The University of Manitoba Board of Governors recently passed a five per cent increase to student residence fees on top of tuition fee increases that are yet to be finalized.
The cost of a single room in Mary Speechly hall, including 10 meals per week as part of the meal plan membership, has gone up from $7,395 in 2009/2010 to $7,735 for 2010/2011.
“Residence living at the U of M continues to be among the most affordable across the country, including the minimal increase this year of roughly $50 per $1,000,” said university spokesperson John Danakas.
University of Manitoba Students’ Union president, Heather Laube, said that although student residence offers an amazing life experience, the rising fees will make living on campus financially impossible for some.
“In addition to the five percent increase to residence fees, another increase of five to ten per cent on mandatory meal plans for most residence students will also be enforced,” explained Laube,
“At the rate they are increasing fees, many students will not be able to afford the experience.”
Danakas explained that there are a number of meal plan options for students and increases to the cost of these meal plans is not uniform. However, meals plans for residents of Mary Speechly and Tache hall did increase by five percent over last year.
“By industry standards, food cost increases are trending at approximately six per cent annually, and the cost of going green is ever increasing,” said Danakas.
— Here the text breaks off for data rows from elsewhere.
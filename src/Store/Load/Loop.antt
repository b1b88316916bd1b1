-- ===== src/Store/Load/Loop.antt =====
-- store/src/utils.rs: what each row adds to its validator in the loop of `load_validators`.
pub mod Steps
pub mod Totality
pub mod Entries
use delegation_strategy.Prelude.{
  ℤ, ℕ, String, true, Option, none, some, List, [], ◌∷◌, ◌++◌, HashMap, get, update, or_default,
  ◌==◌, if◌then◌else◌, ◌>>=◌, string_discrete, F64,
}
use delegation_strategy.Store.Dto.Scalars.{DateTime}
use delegation_strategy.Store.Dto.Validators.{ValidatorEpochStats, ValidatorRecord, RugInfo}
use delegation_strategy.Store.Dto.Records.{RuggerRecord, DcConcentrationStats}
use delegation_strategy.Store.Ranks.{Validators}
use delegation_strategy.Store.Load.Yields.{InflationApyCalculator}
use delegation_strategy.Store.Load.Rows.{
  ValidatorRow, RowNumbers, numbers_of, rug_infos, yields_of, new_record,
}

module _ (f64 : F64) (show : ℤ → String) (now : ValidatorRow f64.Float → DateTime) (last_epoch : ℕ)
    (ruggers : HashMap String RuggerRecord)
    (apy_calculators : HashMap ℕ (InflationApyCalculator f64))
    (concentrations : Option (DcConcentrationStats f64.Float)) where
  unfoldable pub epoch_stats_of :
      ValidatorRow f64.Float → RowNumbers → ValidatorEpochStats f64.Float
  epoch_stats_of row n = record {
    epoch = n.epoch;
    epoch_start_at = some (or_default (now row) row.epoch_start);
    epoch_end_at = row.epoch_end;
    commission_max_observed = n.commission_max_observed;
    commission_min_observed = n.commission_min_observed;
    commission_advertised = n.commission_advertised;
    commission_effective = n.commission_effective;
    version = row.version;
    mev_commission_bps = row.mev_commission_bps;
    priority_commission_bps = row.priority_commission_bps;
    dc_asn = row.dc_asn;
    dc_aso = row.dc_aso;
    dc_city = row.dc_city;
    dc_country = row.dc_country;
    activated_stake = row.activated_stake;
    marinade_stake = row.marinade_stake;
    foundation_stake = row.foundation_stake;
    marinade_native_stake = row.marinade_native_stake;
    institutional_stake = row.institutional_stake;
    self_stake = row.self_stake;
    superminority = row.superminority;
    stake_to_become_superminority = row.stake_to_become_superminority;
    credits = n.credits;
    leader_slots = n.leader_slots;
    blocks_produced = n.blocks_produced;
    skip_rate = row.skip_rate;
    uptime_pct = row.uptime_pct;
    uptime = n.uptime;
    downtime = n.downtime;
    apr = (yields_of f64 show now last_epoch ruggers apy_calculators concentrations n).0;
    apy = (yields_of f64 show now last_epoch ruggers apy_calculators concentrations n).1;
    score = none;
    rank_score = none;
    rank_activated_stake = none;
    rank_apy = none;
  }

  -- The rug information of a validator, none if it is no rugger.
  abbrev pub rug_of : Option RuggerRecord → Option (Option (ℕ × List RugInfo))
  rug_of none = some none
  rug_of (some r) = rug_infos r.epochs r.observed_commissions r.min_commissions >>= λ infos.
      some (some (r.occurrences, infos))

  abbrev pub with_rug :
      Option (ℕ × List RugInfo) → ValidatorRecord f64.Float → ValidatorRecord f64.Float
  with_rug none v = v
  with_rug (some rug) v = record v {
    rugged_commission = true;
    rugged_commission_occurrences = rug.0;
    rugged_commission_info = rug.1;
  }

  -- What follows the entry of the record, in the order of the code.
  unfoldable pub extend_record :
      ValidatorRow f64.Float
      → RowNumbers
      → Option (ℕ × List RugInfo)
      → ValidatorRecord f64.Float
      → ValidatorRecord f64.Float
  unfolding epoch_stats_of
  extend_record row n rug v =
      let rugged = with_rug rug v in
      record rugged {
        has_last_epoch_stats = if last_epoch == n.epoch then true else rugged.has_last_epoch_stats;
        epoch_stats = rugged.epoch_stats ++ epoch_stats_of row n ∷ [];
      }

  unfoldable pub add_row :
      ValidatorRow f64.Float → Validators f64.Float → Option (Validators f64.Float)
  unfolding numbers_of new_record extend_record
  add_row row records = do
    n ← numbers_of row
    rug ← rug_of (get string_discrete row.vote_account ruggers)
    some (
        update string_discrete row.vote_account
          (new_record f64 show now last_epoch ruggers apy_calculators concentrations row n)
          (extend_record row n rug) records)

  unfoldable pub add_rows :
      List (ValidatorRow f64.Float) → Validators f64.Float → Option (Validators f64.Float)
  unfolding add_row
  add_rows [] records = some records
  add_rows (row ∷ rows) records = add_row row records >>= add_rows rows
The most inexpensive meal plan for University College residents, called the Super Saver plan, also increased by 10 per cent this year over last year, from $2,000 per year to $2,200 per year.
“It’s important to note that this is a credit toward food purchases, so it’s technically money back in the students’ pockets or food in their stomachs, so to speak,” said Danakas.
“The price of the food didn’t increase per se. The amount they are being asked to put forward towards a declining balance did.”
Stacey Dunn, a Faculty of Science student who lived in residence for her first two years of university, said she chose to live in residence primarily because it was convenient. She explained the hardest part of paying the residence fees is having to pay them all up front at the beginning of the year.
“It’s a lot of money up front,” said Dunn.
“It’s definitely cheaper to not live in residence. I find right now, it’s cheaper to live in an apartment and cook your own food.”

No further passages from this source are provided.